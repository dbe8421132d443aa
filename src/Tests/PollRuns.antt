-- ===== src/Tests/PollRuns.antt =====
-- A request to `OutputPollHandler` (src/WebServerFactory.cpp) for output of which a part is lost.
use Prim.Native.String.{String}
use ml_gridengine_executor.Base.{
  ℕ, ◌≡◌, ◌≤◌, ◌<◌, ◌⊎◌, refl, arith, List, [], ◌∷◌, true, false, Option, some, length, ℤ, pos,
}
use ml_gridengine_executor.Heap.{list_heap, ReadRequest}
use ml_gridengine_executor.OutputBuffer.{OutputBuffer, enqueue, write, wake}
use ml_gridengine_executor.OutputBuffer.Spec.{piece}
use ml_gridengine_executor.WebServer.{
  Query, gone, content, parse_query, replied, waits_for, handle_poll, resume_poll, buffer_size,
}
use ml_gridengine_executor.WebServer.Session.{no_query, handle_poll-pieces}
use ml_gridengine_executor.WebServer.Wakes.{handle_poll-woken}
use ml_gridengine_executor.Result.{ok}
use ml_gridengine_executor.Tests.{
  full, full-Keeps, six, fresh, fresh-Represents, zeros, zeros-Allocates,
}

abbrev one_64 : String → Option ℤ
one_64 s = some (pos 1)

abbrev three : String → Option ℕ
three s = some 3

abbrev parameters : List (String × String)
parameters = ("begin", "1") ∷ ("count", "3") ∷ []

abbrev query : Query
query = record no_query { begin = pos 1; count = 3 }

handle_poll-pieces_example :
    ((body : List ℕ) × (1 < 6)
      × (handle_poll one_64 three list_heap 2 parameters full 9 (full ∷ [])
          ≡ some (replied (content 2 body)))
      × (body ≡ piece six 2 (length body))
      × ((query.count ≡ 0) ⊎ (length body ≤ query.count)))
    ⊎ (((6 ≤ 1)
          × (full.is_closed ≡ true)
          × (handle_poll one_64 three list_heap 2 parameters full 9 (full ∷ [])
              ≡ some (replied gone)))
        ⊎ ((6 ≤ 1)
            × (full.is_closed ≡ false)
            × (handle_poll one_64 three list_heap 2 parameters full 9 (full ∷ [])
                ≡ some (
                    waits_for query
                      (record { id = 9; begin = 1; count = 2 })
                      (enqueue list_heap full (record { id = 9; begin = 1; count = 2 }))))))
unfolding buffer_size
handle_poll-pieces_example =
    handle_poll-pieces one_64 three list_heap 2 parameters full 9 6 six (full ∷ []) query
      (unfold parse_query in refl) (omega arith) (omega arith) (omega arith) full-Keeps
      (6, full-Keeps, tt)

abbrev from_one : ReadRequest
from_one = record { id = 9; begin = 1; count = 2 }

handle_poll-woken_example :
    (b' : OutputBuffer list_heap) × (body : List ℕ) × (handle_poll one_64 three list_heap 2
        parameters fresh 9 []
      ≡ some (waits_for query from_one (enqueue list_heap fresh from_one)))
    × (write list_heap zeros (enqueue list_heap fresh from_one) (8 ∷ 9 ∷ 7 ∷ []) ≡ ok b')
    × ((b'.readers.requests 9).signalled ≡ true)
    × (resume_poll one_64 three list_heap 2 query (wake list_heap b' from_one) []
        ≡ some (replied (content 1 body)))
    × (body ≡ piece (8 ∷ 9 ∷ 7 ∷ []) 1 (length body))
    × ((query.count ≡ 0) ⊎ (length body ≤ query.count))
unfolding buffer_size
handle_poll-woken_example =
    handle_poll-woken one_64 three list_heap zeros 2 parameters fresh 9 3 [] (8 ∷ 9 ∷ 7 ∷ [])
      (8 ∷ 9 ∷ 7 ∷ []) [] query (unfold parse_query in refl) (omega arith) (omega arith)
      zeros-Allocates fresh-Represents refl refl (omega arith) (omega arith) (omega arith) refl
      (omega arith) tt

* * *

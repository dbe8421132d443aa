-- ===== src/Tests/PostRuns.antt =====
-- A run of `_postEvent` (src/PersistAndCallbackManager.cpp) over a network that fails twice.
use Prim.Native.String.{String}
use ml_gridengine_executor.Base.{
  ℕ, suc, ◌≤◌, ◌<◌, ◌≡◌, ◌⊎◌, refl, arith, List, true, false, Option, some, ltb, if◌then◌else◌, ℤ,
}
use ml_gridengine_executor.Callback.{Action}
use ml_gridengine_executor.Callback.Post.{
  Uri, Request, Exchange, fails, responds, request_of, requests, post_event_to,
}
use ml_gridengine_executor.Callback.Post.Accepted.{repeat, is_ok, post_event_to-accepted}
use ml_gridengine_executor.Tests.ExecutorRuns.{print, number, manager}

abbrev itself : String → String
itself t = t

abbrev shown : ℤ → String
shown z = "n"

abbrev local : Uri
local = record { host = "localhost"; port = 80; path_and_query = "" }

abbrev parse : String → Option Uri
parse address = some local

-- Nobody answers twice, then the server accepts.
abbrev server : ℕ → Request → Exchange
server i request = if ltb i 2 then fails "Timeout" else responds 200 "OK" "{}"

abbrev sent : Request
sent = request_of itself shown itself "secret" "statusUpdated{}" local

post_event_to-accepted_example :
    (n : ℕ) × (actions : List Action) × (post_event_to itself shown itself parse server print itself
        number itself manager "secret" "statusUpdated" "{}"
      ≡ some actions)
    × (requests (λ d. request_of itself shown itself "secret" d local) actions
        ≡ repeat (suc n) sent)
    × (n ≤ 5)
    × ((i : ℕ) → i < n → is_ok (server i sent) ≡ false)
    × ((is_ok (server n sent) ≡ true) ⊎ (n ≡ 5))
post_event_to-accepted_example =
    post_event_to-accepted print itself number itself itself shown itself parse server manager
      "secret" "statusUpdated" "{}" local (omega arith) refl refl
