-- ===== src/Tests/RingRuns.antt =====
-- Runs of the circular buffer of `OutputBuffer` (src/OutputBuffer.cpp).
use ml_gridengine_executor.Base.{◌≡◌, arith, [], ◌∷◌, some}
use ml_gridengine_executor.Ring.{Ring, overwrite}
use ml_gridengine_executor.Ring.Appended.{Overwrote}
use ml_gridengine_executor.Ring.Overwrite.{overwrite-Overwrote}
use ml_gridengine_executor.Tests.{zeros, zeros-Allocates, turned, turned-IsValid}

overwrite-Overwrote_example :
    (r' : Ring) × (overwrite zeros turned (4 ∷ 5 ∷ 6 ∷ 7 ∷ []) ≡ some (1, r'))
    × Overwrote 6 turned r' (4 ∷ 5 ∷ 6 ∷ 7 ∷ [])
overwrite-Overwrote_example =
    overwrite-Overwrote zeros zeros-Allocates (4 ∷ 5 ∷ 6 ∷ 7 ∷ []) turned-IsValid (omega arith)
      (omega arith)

Work item: Give back, word for word, only the lines above from the line holding "(full.is_closed ≡ false)" to the line holding "list_heap fresh from_one)))", both included.

Solution for this exercise:
            × (full.is_closed ≡ false)
            × (handle_poll one_64 three list_heap 2 parameters full 9 (full ∷ [])
                ≡ some (
                    waits_for query
                      (record { id = 9; begin = 1; count = 2 })
                      (enqueue list_heap full (record { id = 9; begin = 1; count = 2 }))))))
unfolding buffer_size
handle_poll-pieces_example =
    handle_poll-pieces one_64 three list_heap 2 parameters full 9 6 six (full ∷ []) query
      (unfold parse_query in refl) (omega arith) (omega arith) (omega arith) full-Keeps
      (6, full-Keeps, tt)

abbrev from_one : ReadRequest
from_one = record { id = 9; begin = 1; count = 2 }

handle_poll-woken_example :
    (b' : OutputBuffer list_heap) × (body : List ℕ) × (handle_poll one_64 three list_heap 2
        parameters fresh 9 []
      ≡ some (waits_for query from_one (enqueue list_heap fresh from_one)))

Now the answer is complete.